Hay que reconocer que Ricardo Darín es uno de esos pocos actores que da credibilidad a cualquier personaje que le pongan por delante. Su rostro poderoso, su mirada expresiva y su dominio de todos los registros hacen que cualquier película en la que él esté, por mediocre que sea, merezca la pena verla. Es de esas estrellas, aunque no sé si este calificativo le viene bien a un hombre que parece tener los pies bien en la tierra, que sin parecernos inalcanzables hacen posible que sigamos creyendo en el milagro del cine.
En su última película estrenada, dirigida por Santiago Mitre, que hace unos años nos provocó un intenso debate con su tramposa Paulina, vuelve a demostrarnos que solo él es capaz de salvar una película del naufragio. La cordillera es una película que tiene muchas cosas de interés pero, en general, me parece una producción fallida, que tiene un punto de partida magistral, que está bien rodada e interpretada, pero que acaba navegando en tierra de nadie por culpa de un guión al que le sobran varias páginas. Sobre todo las que tienen que ver con la dimensión más personal del protagonista, el presidente de Argentina que acude a Chile a una cumbre de mandatarios de la región, las cuales alcanzan incluso en algunos momentos el ridículo. Toda esa trama de la hija angustiada no sabemos bien por qué, numerito de hipnosis incluido, podría haberse ahorrado y la película hubiera sido mucho más redonda.
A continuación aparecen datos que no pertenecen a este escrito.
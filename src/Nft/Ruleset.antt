-- ===== src/Nft/Ruleset.antt =====
-- `NftRule` and `NftRuleset` of src/nft.rs.
use vorto.Prelude.{
  ℕ, Bool, not, ◌&&◌, ◌||◌, List, [], ◌∷◌, ◌++◌, contains, is_empty, ltb, leb, ◌==◌, if◌then◌else◌,
}
use vorto.Text.{text}
use vorto.Net.{Ipv4Addr, Ipv4Addr-discrete, parse_socket_addr, is_unspecified, is_loopback}
use vorto.Result.{AppResult, addr_parse, ok, ◌>>=◌, ◌>>◌, fail_if, ok_or}
use vorto.Config.Tunnel.{TunnelConfig, supports_tcp, supports_udp}
use vorto.Config.Nft.{expect_v4, invalid}
use vorto.Nft.Names.{NftNames}

-- The listen address and port, and the target address and port.
pub data NftRule : Type 0 where
  tcp udp : Ipv4Addr → ℕ → Ipv4Addr → ℕ → NftRule

pub record NftRuleset : Type 0 where
  pub names : NftNames
  pub rules : List NftRule
  pub masquerade_targets : List Ipv4Addr

-- The order of `Ipv4Addr`: octet by octet.
unfoldable pub ip_le : Ipv4Addr → Ipv4Addr → Bool
ip_le x y =
    ltb x.a y.a
    || (x.a == y.a && (ltb x.b y.b || (x.b == y.b && (ltb x.c y.c || (x.c == y.c && leb x.d y.d)))))

unfoldable pub insert_sorted : Ipv4Addr → List Ipv4Addr → List Ipv4Addr
unfolding ip_le
insert_sorted x [] = x ∷ []
insert_sorted x (y ∷ ys) = if ip_le x y then x ∷ y ∷ ys else y ∷ insert_sorted x ys

-- `sort_unstable`; the order of equal addresses cannot be seen.
unfoldable pub sort_unstable : List Ipv4Addr → List Ipv4Addr
unfolding insert_sorted
sort_unstable [] = []
sort_unstable (x ∷ xs) = insert_sorted x (sort_unstable xs)

-- `HashSet::insert`.
unfoldable pub insert_target : Ipv4Addr → List Ipv4Addr → List Ipv4Addr
insert_target ip ips = if contains Ipv4Addr-discrete ips ip then ips else ip ∷ ips

abbrev pub Endpoint : Type 0
Endpoint = Ipv4Addr × ℕ

-- The endpoints of one tunnel, or the error that ends the construction.
unfoldable pub endpoints : TunnelConfig → AppResult (Endpoint × Endpoint)
endpoints t = do
  listen ← ok_or (parse_socket_addr t.listen) addr_parse
  target ← ok_or (parse_socket_addr t.target) addr_parse
  listen_v4 ←
      expect_v4 listen (invalid (text "nft mode only supports IPv4 listen addresses: ") t.listen)
  target_v4 ←
      expect_v4 target (invalid (text "nft mode only supports IPv4 target addresses: ") t.target)
  fail_if (is_unspecified listen_v4.0)
      (invalid (text "nft mode requires a specific IPv4 listen address, not ") t.listen)
  ok (listen_v4, target_v4)

-- The rules that one tunnel pushes.
unfoldable pub rules_of : TunnelConfig → Endpoint → Endpoint → List NftRule
rules_of t (lip, lport) (tip, tport) =
    (if supports_tcp t.protocol then tcp lip lport tip tport ∷ [] else [])
    ++ (if supports_udp t.protocol then udp lip lport tip tport ∷ [] else [])

unfoldable pub add_target : Ipv4Addr → List Ipv4Addr → List Ipv4Addr
unfolding insert_target
add_target ip targets = if not (is_loopback ip) then insert_target ip targets else targets

-- The loop over the tunnels, with the rules and the targets so far.
unfoldable pub build :
    List NftRule → List Ipv4Addr → List TunnelConfig → AppResult (List NftRule × List Ipv4Addr)
build rules targets [] = ok (rules, targets)
build rules targets (t ∷ ts) = do
  (listen, target) ← endpoints t
  build (rules ++ rules_of t listen target) (add_target target.0 targets) ts

-- `NftRuleset::from_tunnels`.
unfoldable pub from_tunnels : List TunnelConfig → NftNames → AppResult NftRuleset
unfolding build endpoints rules_of add_target sort_unstable
from_tunnels tunnels names = do
  (rules, targets) ← build [] [] tunnels
  ok (record { names = names; rules = rules; masquerade_targets = sort_unstable targets })

-- `NftRuleset::is_empty`.
unfoldable pub has_no_rules : NftRuleset → Bool
has_no_rules r = is_empty r.rules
Porque lo más interesante de esta última película de Darín es cómo nos muestra las miserias del poder, situándolas en un contexto que casi nos recuerda al hotel de El resplandor, y cómo nos evidencia que la ambición produce monstruos y que las democracias no son más que una tapadera para darle legitimidad aparente a los hilos que mueven intereses privados. Los "poderes salvajes" de los que habla Luigi Ferrajoli. Es justo esa fotografía, poco habitual en un ámbito como el que nos ofrece Mitre, lo más interesante de una historia en la que, en todo caso, he echado en falta algo más de tensión e incluso de "mala leche". Lo que podría haber sido una especie de House of cards a la argentina me deja con añoranzas del matrimonio Underwood.
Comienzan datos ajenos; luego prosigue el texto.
-- ===== src/Nft/Script.antt =====
-- `NftRule::render` and `NftRuleset::render_script` of src/nft.rs.
pub mod Lines
pub mod Reading
use vorto.Prelude.{ℕ, ◌≡◌, ap, List, [], ◌∷◌, ◌++◌, is_empty, if◌then◌else◌, not}
use vorto.Text.{Text, text, decimal}
use vorto.Net.{Ipv4Addr, show_ipv4}
use vorto.Nft.Names.{NftNames}
use vorto.Nft.Ruleset.{NftRule, tcp, udp, NftRuleset}

-- `writeln!`: the line, the end of line, and what is written after it.
abbrev pub writeln : Text → Text → Text
writeln line rest = line ++ 10 ∷ rest

-- Pieces of a format string in turn.
abbrev concat : List Text → Text
concat [] = []
concat (s ∷ ss) = s ++ concat ss

-- The one line of a rule in a chain.
unfoldable pub render_rule : Text → Text → Ipv4Addr → Text → ℕ → Ipv4Addr → ℕ → Text
unfolding show_ipv4
render_rule table chain listen_ip dport listen_port target_ip target_port = concat (
    text "add rule ip "
    ∷ table
    ∷ text " "
    ∷ chain
    ∷ text " ip daddr "
    ∷ show_ipv4 listen_ip
    ∷ dport
    ∷ decimal listen_port
    ∷ text " dnat to "
    ∷ show_ipv4 target_ip
    ∷ text ":"
    ∷ decimal target_port
    ∷ [])

unfoldable pub render : NftRule → Text → Text → List Text
unfolding render_rule
render (tcp lip lport tip tport) table chain =
    render_rule table chain lip (text " tcp dport ") lport tip tport ∷ []
render (udp lip lport tip tport) table chain =
    render_rule table chain lip (text " udp dport ") lport tip tport ∷ []

pub writeln_all : List Text → Text → Text
writeln_all [] rest = rest
writeln_all (line ∷ lines) rest = writeln line (writeln_all lines rest)

-- The lines of each rule, for the prerouting chain and for the output chain.
write_rules : NftNames → List NftRule → Text → Text
unfolding writeln_all render
write_rules names [] rest = rest
write_rules names (r ∷ rs) rest =
    writeln_all (render r names.table names.prerouting_chain)
      (writeln_all (render r names.table names.output_chain) (write_rules names rs rest))

write_elements : NftNames → List Ipv4Addr → Text → Text
write_elements names [] rest = rest
write_elements names (target ∷ targets) rest =
    writeln
      (concat (
        text "add element ip "
        ∷ names.table
        ∷ text " "
        ∷ names.target_set
        ∷ text " { "
        ∷ show_ipv4 target
        ∷ text " }"
        ∷ []))
      (write_elements names targets rest)

-- The set of targets and the rule that masquerades connections to them, if there are any.
write_masquerade : NftNames → List Ipv4Addr → Text → Text
unfolding write_elements
write_masquerade names targets rest =
    if not (is_empty targets)
    then writeln
        (concat (
          text "add set ip "
          ∷ names.table
          ∷ text " "
          ∷ names.target_set
          ∷ text " { type ipv4_addr; flags interval; }"
          ∷ []))
        (write_elements names targets (
          writeln
            (concat (
              text "add rule ip "
              ∷ names.table
              ∷ text " "
              ∷ names.postrouting_chain
              ∷ text " ip daddr @"
              ∷ names.target_set
              ∷ text " masquerade"
              ∷ []))
            rest))
    else rest

add_chain : Text → Text → Text → Text
add_chain table chain hook = concat (text "add chain ip " ∷ table ∷ text " " ∷ chain ∷ hook ∷ [])

-- What follows the line that adds the table.
unfoldable pub render_rest : NftRuleset → Text
unfolding add_chain write_masquerade write_rules
render_rest r =
    writeln
      (add_chain r.names.table r.names.prerouting_chain
        (text " { type nat hook prerouting priority -100; }"))
      (writeln
        (add_chain r.names.table r.names.output_chain
          (text " { type nat hook output priority -100; }"))
        (writeln
          (add_chain r.names.table r.names.postrouting_chain
            (text " { type nat hook postrouting priority 100; }"))
          (write_masquerade r.names r.masquerade_targets (write_rules r.names r.rules []))))

-- `NftRuleset::render_script`.
unfoldable pub render_script : NftRuleset → Text
unfolding render_rest
render_script r = writeln (text "add table ip " ++ r.names.table) (render_rest r)

-- The script begins by adding the table.
pub render_script-adds :
    (r : NftRuleset) (names : NftNames)
    → r.names ≡ names
    → render_script r ≡ writeln (text "add table ip " ++ names.table) (render_rest r)
unfolding render_script
render_script-adds r names e =
    ap (λ (n : NftNames). writeln (text "add table ip " ++ n.table) (render_rest r)) e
Eso sí, la película, como no podía ser de otra manera, nos deja muy claro que hay una evidente conexión entre el poder y la testosterona. Aunque vemos creo que son tres mujeres como dirigentes de otros tantos países, ellas apenas cumplen un papel secundario, salvo la Presidenta chilena que, como buena señora, hace las veces de perfecta anfitriona. Los que de verdad mueven los hilos son ellos, los que intrigan a espaldas de la mesa de reuniones son ellos, los que parecen vivir solo para lo público son ellos. Las mujeres de la película son amantes puntuales a las que se las folla, y de las que ni siquiera sabemos su nombre, secretarias aplicadas y con pinta de frustradas, y por supuesto, para que no falte ni un tópico, la hija enferma, histérica incluso, la que nos aparece como medio loca/medio cuerda sin que se nos aclare el porqué de sus delirios. Quizás porque habría sido demasiado ¿feminista? mostrarnos que ella es una víctima de un mundo de hombres. Algo de lo que no veo capaz a un director que en Paulina nos mostró un discurso ciertamente reaccionario sobre la violación y sobre el aborto.